Problem requirements: Read the data below line by line and copy each one with "Stamp" in it.

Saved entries

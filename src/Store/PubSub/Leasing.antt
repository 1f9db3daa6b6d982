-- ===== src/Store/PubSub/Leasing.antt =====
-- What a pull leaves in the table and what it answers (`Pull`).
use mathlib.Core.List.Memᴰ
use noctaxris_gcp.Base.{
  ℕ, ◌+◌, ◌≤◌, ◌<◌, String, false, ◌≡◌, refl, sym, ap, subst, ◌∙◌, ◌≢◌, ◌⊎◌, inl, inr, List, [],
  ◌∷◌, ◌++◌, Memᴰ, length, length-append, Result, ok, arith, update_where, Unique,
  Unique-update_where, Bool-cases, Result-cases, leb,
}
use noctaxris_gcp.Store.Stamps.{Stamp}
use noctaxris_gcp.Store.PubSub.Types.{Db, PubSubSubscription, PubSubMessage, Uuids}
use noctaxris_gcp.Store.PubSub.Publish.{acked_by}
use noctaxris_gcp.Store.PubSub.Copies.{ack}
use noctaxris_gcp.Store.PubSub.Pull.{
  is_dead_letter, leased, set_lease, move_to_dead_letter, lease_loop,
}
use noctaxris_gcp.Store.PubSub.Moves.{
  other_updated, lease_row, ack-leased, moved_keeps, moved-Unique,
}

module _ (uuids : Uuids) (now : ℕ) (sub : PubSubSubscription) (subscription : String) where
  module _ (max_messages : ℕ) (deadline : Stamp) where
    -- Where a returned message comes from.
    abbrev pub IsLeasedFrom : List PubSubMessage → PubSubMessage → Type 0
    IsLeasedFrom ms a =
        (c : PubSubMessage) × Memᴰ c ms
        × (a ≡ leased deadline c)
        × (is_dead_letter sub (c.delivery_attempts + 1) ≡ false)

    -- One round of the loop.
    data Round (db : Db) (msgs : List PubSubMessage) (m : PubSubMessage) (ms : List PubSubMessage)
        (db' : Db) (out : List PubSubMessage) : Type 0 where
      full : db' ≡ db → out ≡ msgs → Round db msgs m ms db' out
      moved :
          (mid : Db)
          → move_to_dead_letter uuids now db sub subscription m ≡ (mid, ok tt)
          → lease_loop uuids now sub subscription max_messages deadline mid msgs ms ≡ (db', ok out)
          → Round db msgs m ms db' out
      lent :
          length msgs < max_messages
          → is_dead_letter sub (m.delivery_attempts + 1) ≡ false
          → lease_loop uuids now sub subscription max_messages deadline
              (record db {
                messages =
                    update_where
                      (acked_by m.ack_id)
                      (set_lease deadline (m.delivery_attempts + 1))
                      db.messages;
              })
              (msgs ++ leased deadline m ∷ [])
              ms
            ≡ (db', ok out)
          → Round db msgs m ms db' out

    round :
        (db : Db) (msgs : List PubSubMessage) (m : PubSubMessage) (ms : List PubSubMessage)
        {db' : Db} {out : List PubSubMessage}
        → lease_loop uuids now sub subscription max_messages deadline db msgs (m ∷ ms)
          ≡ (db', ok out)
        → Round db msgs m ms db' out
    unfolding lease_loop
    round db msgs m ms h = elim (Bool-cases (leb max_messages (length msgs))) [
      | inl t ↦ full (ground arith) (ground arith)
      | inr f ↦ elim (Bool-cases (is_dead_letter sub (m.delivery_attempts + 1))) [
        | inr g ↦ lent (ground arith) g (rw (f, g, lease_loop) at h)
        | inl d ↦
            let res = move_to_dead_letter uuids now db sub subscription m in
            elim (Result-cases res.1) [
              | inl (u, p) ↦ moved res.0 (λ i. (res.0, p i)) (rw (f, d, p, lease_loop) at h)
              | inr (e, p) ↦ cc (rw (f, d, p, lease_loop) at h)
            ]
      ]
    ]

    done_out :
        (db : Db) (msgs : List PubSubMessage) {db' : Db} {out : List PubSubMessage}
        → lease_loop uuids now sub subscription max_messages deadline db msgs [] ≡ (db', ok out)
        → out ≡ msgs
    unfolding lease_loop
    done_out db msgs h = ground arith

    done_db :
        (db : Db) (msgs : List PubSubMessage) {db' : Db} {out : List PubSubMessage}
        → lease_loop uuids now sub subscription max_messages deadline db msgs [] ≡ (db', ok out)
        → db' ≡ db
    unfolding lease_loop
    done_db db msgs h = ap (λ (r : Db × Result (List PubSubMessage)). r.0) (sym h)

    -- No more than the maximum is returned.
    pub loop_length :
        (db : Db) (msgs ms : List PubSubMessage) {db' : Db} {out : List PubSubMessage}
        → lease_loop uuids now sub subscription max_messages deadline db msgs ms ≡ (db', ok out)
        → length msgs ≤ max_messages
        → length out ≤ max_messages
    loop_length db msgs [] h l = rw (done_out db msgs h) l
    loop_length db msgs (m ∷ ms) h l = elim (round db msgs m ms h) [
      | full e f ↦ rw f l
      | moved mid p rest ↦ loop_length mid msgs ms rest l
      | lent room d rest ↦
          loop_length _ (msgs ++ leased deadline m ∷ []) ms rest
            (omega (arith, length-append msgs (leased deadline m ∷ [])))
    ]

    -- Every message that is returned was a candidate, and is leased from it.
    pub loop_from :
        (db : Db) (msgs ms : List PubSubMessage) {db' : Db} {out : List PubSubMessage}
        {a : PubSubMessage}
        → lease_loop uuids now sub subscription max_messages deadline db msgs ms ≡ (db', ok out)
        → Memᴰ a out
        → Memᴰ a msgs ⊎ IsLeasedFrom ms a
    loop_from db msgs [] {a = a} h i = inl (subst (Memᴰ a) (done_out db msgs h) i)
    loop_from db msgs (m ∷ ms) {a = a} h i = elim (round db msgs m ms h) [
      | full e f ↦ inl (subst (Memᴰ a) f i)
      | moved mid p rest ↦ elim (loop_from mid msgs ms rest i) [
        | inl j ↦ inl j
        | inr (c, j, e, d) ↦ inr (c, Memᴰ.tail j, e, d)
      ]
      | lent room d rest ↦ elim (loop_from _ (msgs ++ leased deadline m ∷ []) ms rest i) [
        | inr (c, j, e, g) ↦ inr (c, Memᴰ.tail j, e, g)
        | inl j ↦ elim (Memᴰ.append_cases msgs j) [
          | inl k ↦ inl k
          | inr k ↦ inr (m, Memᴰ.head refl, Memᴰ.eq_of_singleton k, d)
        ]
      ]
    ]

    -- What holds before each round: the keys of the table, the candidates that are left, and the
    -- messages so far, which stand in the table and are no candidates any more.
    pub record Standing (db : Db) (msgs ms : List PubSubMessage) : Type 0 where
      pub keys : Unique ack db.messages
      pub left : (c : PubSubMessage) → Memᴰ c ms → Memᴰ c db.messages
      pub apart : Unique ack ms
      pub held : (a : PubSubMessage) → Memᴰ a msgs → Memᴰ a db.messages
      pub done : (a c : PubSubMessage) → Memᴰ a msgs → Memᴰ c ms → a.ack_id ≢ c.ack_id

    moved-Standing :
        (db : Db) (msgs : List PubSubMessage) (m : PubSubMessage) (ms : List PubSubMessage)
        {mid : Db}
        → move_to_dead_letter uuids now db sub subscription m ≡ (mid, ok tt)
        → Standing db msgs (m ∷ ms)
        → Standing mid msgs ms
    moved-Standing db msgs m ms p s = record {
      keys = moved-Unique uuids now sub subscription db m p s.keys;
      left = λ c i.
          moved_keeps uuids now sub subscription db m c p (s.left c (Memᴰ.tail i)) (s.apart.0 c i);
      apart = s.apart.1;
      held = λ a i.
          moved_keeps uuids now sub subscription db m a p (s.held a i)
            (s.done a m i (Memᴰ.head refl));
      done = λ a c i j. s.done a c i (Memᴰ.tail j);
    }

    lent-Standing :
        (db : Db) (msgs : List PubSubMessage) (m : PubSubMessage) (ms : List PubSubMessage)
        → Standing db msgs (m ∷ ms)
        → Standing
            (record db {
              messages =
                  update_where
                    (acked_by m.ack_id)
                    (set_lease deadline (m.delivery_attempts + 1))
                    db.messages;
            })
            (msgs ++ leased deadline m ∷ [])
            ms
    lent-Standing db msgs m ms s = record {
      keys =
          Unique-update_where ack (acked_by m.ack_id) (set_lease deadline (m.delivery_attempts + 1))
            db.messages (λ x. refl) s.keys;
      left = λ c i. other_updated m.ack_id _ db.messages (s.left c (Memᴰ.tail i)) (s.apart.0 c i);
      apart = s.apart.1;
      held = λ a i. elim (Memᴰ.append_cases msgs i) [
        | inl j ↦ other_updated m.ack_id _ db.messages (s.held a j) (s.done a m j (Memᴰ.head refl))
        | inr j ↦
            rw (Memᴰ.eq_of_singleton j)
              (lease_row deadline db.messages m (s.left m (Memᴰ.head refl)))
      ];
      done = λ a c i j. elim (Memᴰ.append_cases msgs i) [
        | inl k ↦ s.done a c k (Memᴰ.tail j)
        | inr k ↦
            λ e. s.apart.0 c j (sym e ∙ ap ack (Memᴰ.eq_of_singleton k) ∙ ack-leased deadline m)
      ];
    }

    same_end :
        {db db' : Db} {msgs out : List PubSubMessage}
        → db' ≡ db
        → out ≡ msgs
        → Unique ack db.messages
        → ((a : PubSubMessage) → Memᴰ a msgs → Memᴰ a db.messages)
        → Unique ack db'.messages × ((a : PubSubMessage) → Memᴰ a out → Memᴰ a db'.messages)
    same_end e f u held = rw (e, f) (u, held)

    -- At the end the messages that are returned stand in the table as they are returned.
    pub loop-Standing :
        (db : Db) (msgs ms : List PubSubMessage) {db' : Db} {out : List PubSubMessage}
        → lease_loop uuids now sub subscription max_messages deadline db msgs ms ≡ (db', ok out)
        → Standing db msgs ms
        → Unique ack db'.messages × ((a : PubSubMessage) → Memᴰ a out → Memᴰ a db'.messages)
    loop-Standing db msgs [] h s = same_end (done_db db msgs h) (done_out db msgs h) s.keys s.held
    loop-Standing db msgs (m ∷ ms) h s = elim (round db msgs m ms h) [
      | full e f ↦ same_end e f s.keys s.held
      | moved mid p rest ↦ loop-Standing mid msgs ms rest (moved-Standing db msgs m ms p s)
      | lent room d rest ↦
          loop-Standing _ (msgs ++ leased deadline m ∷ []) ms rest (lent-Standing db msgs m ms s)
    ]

Task output:
use noctaxris_gcp.Store.Stamps.{Stamp}
  module _ (max_messages : ℕ) (deadline : Stamp) where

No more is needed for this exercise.